TASK INPUTS
※ ※ ※

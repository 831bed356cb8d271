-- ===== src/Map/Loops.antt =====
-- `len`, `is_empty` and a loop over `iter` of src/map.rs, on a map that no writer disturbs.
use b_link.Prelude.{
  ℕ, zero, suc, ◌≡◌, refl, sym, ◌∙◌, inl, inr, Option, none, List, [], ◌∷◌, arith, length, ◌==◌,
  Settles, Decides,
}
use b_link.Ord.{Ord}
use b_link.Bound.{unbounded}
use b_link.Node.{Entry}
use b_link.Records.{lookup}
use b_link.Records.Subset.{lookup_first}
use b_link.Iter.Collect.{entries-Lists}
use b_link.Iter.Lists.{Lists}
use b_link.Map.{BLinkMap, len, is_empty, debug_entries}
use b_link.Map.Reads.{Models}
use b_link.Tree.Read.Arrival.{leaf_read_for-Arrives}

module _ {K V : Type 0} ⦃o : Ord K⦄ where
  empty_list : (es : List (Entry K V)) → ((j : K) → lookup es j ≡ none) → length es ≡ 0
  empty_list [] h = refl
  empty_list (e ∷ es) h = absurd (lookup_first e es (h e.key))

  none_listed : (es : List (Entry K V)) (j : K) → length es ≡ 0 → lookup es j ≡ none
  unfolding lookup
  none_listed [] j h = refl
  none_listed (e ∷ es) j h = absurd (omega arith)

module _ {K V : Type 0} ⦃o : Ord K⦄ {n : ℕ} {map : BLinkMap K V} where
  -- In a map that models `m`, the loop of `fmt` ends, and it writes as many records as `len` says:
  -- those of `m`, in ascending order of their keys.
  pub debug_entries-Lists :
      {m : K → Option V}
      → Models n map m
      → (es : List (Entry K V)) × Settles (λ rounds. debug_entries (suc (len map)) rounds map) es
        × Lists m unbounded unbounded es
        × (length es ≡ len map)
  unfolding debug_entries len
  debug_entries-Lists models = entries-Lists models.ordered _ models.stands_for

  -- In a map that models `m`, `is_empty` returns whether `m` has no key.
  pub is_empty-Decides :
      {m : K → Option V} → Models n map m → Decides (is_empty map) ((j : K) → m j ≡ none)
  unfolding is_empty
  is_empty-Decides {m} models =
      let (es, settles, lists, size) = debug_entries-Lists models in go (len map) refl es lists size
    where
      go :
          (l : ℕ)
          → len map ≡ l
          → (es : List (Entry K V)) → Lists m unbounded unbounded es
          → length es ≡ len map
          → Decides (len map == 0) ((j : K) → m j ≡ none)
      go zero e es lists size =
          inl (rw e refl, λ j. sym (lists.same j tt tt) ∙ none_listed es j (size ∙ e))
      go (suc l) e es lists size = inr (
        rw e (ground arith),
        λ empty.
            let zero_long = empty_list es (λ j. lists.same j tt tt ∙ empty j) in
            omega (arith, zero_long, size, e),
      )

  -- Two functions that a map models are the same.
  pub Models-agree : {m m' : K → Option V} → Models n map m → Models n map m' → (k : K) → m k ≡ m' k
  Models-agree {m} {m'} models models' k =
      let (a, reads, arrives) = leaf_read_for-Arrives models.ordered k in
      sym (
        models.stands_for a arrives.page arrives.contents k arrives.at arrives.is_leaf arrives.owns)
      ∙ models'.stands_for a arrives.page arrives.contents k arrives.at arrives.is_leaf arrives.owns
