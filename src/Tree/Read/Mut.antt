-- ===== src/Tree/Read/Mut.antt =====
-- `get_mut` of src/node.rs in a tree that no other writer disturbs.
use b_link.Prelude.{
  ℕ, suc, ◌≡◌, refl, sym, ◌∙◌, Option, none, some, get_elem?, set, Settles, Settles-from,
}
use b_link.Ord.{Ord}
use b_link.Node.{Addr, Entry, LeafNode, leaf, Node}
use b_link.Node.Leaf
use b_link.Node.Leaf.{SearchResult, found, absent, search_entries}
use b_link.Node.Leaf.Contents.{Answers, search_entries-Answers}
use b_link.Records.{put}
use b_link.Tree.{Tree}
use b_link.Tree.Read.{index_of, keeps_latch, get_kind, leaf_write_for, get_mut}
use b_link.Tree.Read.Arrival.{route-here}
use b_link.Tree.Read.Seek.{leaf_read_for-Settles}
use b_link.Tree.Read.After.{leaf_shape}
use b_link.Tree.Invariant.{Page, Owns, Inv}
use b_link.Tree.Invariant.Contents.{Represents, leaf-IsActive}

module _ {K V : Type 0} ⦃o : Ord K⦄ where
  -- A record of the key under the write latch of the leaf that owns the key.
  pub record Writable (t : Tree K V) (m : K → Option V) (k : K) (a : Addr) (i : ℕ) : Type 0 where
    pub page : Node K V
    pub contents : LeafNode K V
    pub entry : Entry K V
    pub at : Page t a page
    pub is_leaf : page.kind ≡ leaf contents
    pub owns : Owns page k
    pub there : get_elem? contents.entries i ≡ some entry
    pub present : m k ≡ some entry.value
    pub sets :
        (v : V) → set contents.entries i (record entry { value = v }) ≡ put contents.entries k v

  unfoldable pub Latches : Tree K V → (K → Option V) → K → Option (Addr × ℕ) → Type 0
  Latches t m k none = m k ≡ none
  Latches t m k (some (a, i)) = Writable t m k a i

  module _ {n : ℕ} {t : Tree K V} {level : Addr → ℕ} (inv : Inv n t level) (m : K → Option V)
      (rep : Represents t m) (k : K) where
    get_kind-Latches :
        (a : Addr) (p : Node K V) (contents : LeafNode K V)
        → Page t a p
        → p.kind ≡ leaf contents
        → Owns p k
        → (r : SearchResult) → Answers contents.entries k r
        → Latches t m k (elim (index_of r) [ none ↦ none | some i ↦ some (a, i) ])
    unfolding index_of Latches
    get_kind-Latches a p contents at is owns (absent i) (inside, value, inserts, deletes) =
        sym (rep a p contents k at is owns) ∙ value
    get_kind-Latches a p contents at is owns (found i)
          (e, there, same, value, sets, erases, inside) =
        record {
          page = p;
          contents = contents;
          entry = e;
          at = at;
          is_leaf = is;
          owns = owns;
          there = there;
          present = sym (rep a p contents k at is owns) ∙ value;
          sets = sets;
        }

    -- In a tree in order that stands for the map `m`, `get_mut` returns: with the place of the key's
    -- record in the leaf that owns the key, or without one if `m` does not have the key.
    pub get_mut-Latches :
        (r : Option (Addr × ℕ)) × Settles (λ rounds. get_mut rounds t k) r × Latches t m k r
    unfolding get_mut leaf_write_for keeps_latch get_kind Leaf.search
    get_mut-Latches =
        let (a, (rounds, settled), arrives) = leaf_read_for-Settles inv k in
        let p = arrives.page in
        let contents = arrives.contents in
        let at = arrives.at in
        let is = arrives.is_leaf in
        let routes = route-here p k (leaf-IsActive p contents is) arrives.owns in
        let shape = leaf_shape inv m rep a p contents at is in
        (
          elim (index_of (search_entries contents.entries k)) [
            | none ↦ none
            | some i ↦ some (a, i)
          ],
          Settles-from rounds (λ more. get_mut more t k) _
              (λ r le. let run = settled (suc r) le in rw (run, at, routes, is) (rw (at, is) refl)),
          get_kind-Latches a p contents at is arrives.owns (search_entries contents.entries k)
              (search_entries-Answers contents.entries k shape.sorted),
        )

※ ※ ※

TASK STATEMENT
Search the entries for the string "length" and copy each line where it occurs.

RESULT OF THE EXERCISE
  ℕ, zero, suc, ◌≡◌, refl, sym, ◌∙◌, inl, inr, Option, none, List, [], ◌∷◌, arith, length, ◌==◌,
  empty_list : (es : List (Entry K V)) → ((j : K) → lookup es j ≡ none) → length es ≡ 0
  none_listed : (es : List (Entry K V)) (j : K) → length es ≡ 0 → lookup es j ≡ none
        × (length es ≡ len map)
          → length es ≡ len map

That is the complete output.